Task objective: Where a line in the listing below holds "clients", add it to the tally, and reply with that tally alone.

═══ Records for the task

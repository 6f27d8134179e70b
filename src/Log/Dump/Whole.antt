-- ===== src/Log/Dump/Whole.antt =====
-- log.cpp: what `LoggerManager::toYamlString` says, read as the configuration of the loggers.
use mathlib.Core.Path.{subst}
use fxk.Base.{
  ℕ, Bool, Option, none, some, List, [], ◌∷◌, Bytes, Result, ok, err, null_pointer, ◌>>=◌, ◌≡◌,
  refl, sym, inl, inr,
}
use fxk.Config.Cast.{Yaml, set_cast, read_element}
use fxk.Config.Cast.RoundTrip.{IsYaml, IsAscending, Stand, insert_back}
use fxk.Log.Logger.{Logger, World}
use fxk.Log.Listener.{LogAppenderDefine, LogDefine}
use fxk.Log.Define.{YamlTexts, define_cast, read_define}
use fxk.Log.Define.Reading.{IsTexts}
use fxk.Log.Define.Whole.{define_less}
use fxk.Log.Dump.{in_order, pushed, logger_yaml, logger_nodes, manager_yaml}
use fxk.Log.Dump.Reread.{defines_of, logger_yaml-read_define}

-- The definition that a logger comes up to.
abbrev pub with_appenders : Logger → Option (List LogAppenderDefine) → Option LogDefine
with_appenders l none = none
with_appenders l (some as') = some (record { name = l.name; level = l.level; appenders = as' })

abbrev cons_define : Option LogDefine → Option (List LogDefine) → Option (List LogDefine)
cons_define none l = none
cons_define (some d) none = none
cons_define (some d) (some l) = some (d ∷ l)

abbrev pub loggers_define : World → List (Bytes × ℕ) → Option (List LogDefine)
loggers_define w [] = some []
loggers_define w ((name, p) ∷ rest) =
    cons_define (with_appenders (w.logger_at p) (defines_of w (w.logger_at p).appenders))
      (loggers_define w rest)

module _ (yaml : Yaml) (texts : YamlTexts yaml) (reads : IsTexts yaml texts)
    (laws : IsYaml yaml) where
  open yaml use {Node, load, emit, elements}

  abbrev TellsLogger : Option LogDefine → Result Bytes → Type 0
  TellsLogger none r = r ≡ err null_pointer
  TellsLogger (some d) r = (n : Node) × (r ≡ ok (emit n)) × (read_define yaml texts (emit n) ≡ ok d)

  -- Each node is one of which the logger's definition is read.
  abbrev TellsLoggers : Option (List LogDefine) → Result (List Node) → Type 0
  TellsLoggers none r = r ≡ err null_pointer
  TellsLoggers (some logs) r =
      (nodes : List Node) × (r ≡ ok nodes) × Stand yaml laws (define_cast yaml texts) nodes logs

  add_logger-Tells :
      (d : Option LogDefine) (l : Option (List LogDefine)) (r : Result Bytes)
      (rs : Result (List Node))
      → TellsLogger d r
      → TellsLoggers l rs
      → TellsLoggers (cons_define d l) (r >>= λ s. load s >>= λ n. rs >>= λ nodes. ok (n ∷ nodes))
  unfolding define_cast read_element
  add_logger-Tells none l r rs h hs = rw h refl
  add_logger-Tells (some d) none r rs (n, e, reads_d) hs = rw e (rw (laws.load-emit n) (rw hs refl))
  add_logger-Tells (some d) (some l) r rs (n, e, reads_d) (nodes, es, stand) =
      (n ∷ nodes, rw e (rw (laws.load-emit n) (rw es refl)), (reads_d, stand))

  logger-Tells :
      (w : World) (l : Logger)
      → TellsLogger (with_appenders l (defines_of w l.appenders)) (logger_yaml yaml texts w l)
  logger-Tells w l =
      let tells = λ (o : Option (List LogAppenderDefine)).
        TellsLogger (with_appenders l o) (logger_yaml yaml texts w l) in
      elim (logger_yaml-read_define yaml texts reads laws w l) [
        | inl (h, e) ↦ subst tells (sym h) e
        | inr (as', n, h, e, r) ↦ subst tells (sym h) (n, e, r)
      ]

  logger_nodes-Tells :
      (w : World) (l : List (Bytes × ℕ))
      → TellsLoggers (loggers_define w l) (logger_nodes yaml texts w l)
  unfolding logger_nodes
  logger_nodes-Tells w [] = ([], refl, tt)
  logger_nodes-Tells w ((name, p) ∷ rest) =
      add_logger-Tells (with_appenders (w.logger_at p) (defines_of w (w.logger_at p).appenders))
        (loggers_define w rest) _ _ (logger-Tells w (w.logger_at p)) (logger_nodes-Tells w rest)

  elements_pushed : (nodes : List Node) → elements (pushed yaml texts nodes) ≡ nodes
  elements_pushed [] = reads.elements-null
  elements_pushed (n ∷ nodes) = laws.elements-sequence (n ∷ nodes)

  manager_text_read :
      (less : Bytes → Bytes → Bool) (w : World) (logs : List LogDefine)
      → TellsLoggers (some logs) (logger_nodes yaml texts w (in_order less w.loggers))
      → IsAscending (define_less less) logs
      → (s : Bytes) × (manager_yaml yaml texts less w ≡ ok s)
        × ((set_cast yaml (define_cast yaml texts) (define_less less)).from_str s ≡ ok logs)
  unfolding manager_yaml set_cast
  manager_text_read less w logs (nodes, e, stand) a = (
    emit (pushed yaml texts nodes),
    rw e refl,
    rw (laws.load-emit (pushed yaml texts nodes)) (
        rw (elements_pushed nodes) (
          insert_back yaml laws (define_cast yaml texts) (define_less less) nodes logs [] stand a)),
  )

  -- If each appender on the console has a formatter of its own, and the definitions that the
  -- loggers come up to ascend by their names, then `LoggerManager::toYamlString` gives a text, of
  -- which the cast of the configuration reads just these definitions.
  pub manager_yaml-reads :
      (less : Bytes → Bytes → Bool) (w : World) (logs : List LogDefine)
      → loggers_define w (in_order less w.loggers) ≡ some logs
      → IsAscending (define_less less) logs
      → (s : Bytes) × (manager_yaml yaml texts less w ≡ ok s)
        × ((set_cast yaml (define_cast yaml texts) (define_less less)).from_str s ≡ ok logs)
  manager_yaml-reads less w logs h a =
      manager_text_read less w logs
        (subst
          (λ (o : Option (List LogDefine)).
            TellsLoggers o (logger_nodes yaml texts w (in_order less w.loggers)))
          h (logger_nodes-Tells w (in_order less w.loggers)))
        a
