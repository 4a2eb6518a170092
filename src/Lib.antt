-- ===== src/Lib.antt =====
-- Raft consensus: the protocol core, its node and server, the storage, the key-value store, the client
-- API, and the linearizability checker of the chaos tests.
--
-- The program. A `RaftCore` (src/core/raft_core.rs) is one node's protocol state. It writes its term,
-- its vote and its log through a `Storage` (src/storage/traits.rs), applies committed commands to a
-- state machine (src/state_machine/traits.rs) and cuts its log with snapshots. A `RaftNode`
-- (src/core/raft_node.rs) builds the requests to the peers under a lock, sends them, and takes the
-- replies as they arrive. A `RaftServer` (src/core/raft_server.rs) answers submissions and read
-- requests, which the HTTP handlers (src/api/client_http.rs) send it for their clients. The server's
-- storage is `FileStorage` (src/storage/file.rs). The chaos tests record what clients see as a
-- history (chaos-test/src/history.rs) and check that it is linearizable (chaos-test/src/checker.rs).
--
-- The files.
--   Prelude and its children: shared names; lists, membership, maps, results and Boolean tests on the
--     native numbers; 64-bit addition and subtraction, which wrap as in a release build.
--   Types: the messages, log entries and snapshots of src/core/raft_core.rs and
--     src/core/snapshot.rs.
--   Storage: the trait as a record of operations, an instance argument of everything that stores.
--     Storage/Memory is src/storage/memory.rs. Storage/VoteLaws and Storage/Reliable are what the
--     theorems ask of a storage; `MemoryStorage` has both. Storage/Text is what src/storage/file.rs
--     uses of the standard library on text, and its `crc32`; a text is the list of its scalar
--     values. Storage/Checked is a file with a checksum, and Storage/File the four files, with the
--     outcomes of the writes to come as a list. TextLaws and TrimLaws are on the text functions;
--     File/Read, File/Prefix, File/Torn, File/LogFile, File/LogLaws and File/SnapshotFile are on the
--     files.
--   Machine: the state machine's two traits as one record, likewise. Machine/Kv is
--     src/state_machine/kv.rs over the dictionary of Machine/Dict; serde_json is the parameter
--     `Json`.
--   Core: src/core/raft_core.rs. State, Persist, Query, Apply, Append, Install, Election and Leader
--     hold the record and one function for each method, under the method's name. A part of a long
--     method that stands for itself is a function beside it (`check_prev`, `accept`, `try_commit`).
--     Step is what one node can do, restarts included. The other children are what the methods
--     keep: Frame, VoteSafety, VoteSteps, FollowerSteps, OneVote, Calm and Candidacy on votes; Log,
--     LogOk, Applying, Merge, Accepting, Replication, Answering, Conflict, Installing and Hints on
--     the follower's log; Compaction on the storage's part in it; Appending, Holding, Committing,
--     CommitRule, Leading and Electing on the leader's side. Samples holds the nodes of the tests.
--   Node: Request and Replies are src/core/raft_node.rs, Server is src/core/raft_server.rs; Sending,
--     Confirm, Deciding, Submit and StaleTerm are on these.
--   Api: Handlers is src/api/client_http.rs; Commands and Reads are on it.
--   Cluster: several nodes that elect a leader. World is the step relation: the calls of the cores'
--     methods, `RaftNode::request_votes` with its replies, crashes and restarts. Quorum is on
--     majorities, Voting on one node, Safety, VoteSteps and Replies on all of them, Elections on the
--     whole.
--   Chaos: History and Checker are the two files of the same names in chaos-test/src. Linear states
--     linearizability apart from the search. Member and Indices are on sorting and indices, Tries,
--     Search, Complete and Fuel on the search, Fast on the checks before it, Late on writes whose
--     outcome the client does not know, Verdict, Split and Keys on the whole.
--
-- Conventions. A method that changes the core takes it and returns it. A Rust `Result` is a `Result`;
-- a panic (`expect`, `panic!`) is `none`. A formatted message is a datum with the format's arguments
-- where a format has more than texts. `Instant::now()` is an argument. A `HashMap` is an association
-- list in which an insertion replaces; the program never depends on the order of one. What `println!`
-- writes is left out.
--
-- Concurrency. A loop of `RaftNode` over replies takes the list of arrivals in their order. Each
-- arrival carries what other tasks have done to the core since the lock was last held, as a function
-- that may panic, so a theorem on a loop holds for every interleaving of whole locked sections.
-- `handle_read_index` takes such a function for each of the other places where its task is without the
-- lock: before `confirm_leadership`, before that function's last look, after it, and at each wait. The
-- cluster's steps are single calls under a node's lock, in any order, and a restart falls between two
-- calls: a crash between the two saves of one call is not a step.
--
-- Loops. `apply_loop` counts its rounds, and there are `commit_index - last_applied` of them: each
-- round of the source raises `last_applied` by one. `find_first_index_for_term` recurs on the index
-- that it lowers. `poll_loop` takes one entry for each wait before its five seconds are over. All
-- other loops run over lists. Only the checker's `search` takes fuel: the number of the operations
-- of the key, of which each call places one. `to_string` looks for the number of digits among 1 to
-- 20, which is enough for a `u64`.
--
-- Not modelled: the transports (src/transport), the timers and channels of the run loop in
-- src/core/raft_server.rs, src/core/config.rs and the binary, the test support in src/testing.rs,
-- and the client, the containers and the runner of the chaos tests: they are input and output, or
-- the runtime's. Of `FileStorage`, the directory, the temporary file of a rewrite, which nothing
-- reads, and files that are no UTF-8 are left out. A
-- well-formed core (`LogOk`) has a log whose indices follow on from its snapshot and stay below
-- 2 ^ 64.
pub mod Prelude
pub mod Types
pub mod Storage
pub mod Machine
pub mod Core
pub mod Node
pub mod Api
pub mod Chaos
pub mod Cluster
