-- ===== src/Api.antt =====
-- src/api/client_http.rs: the requests of clients, their commands, and the answers they get.
pub mod Handlers
pub mod Commands
pub mod Reads
mod Tests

══════

Output for this task: 3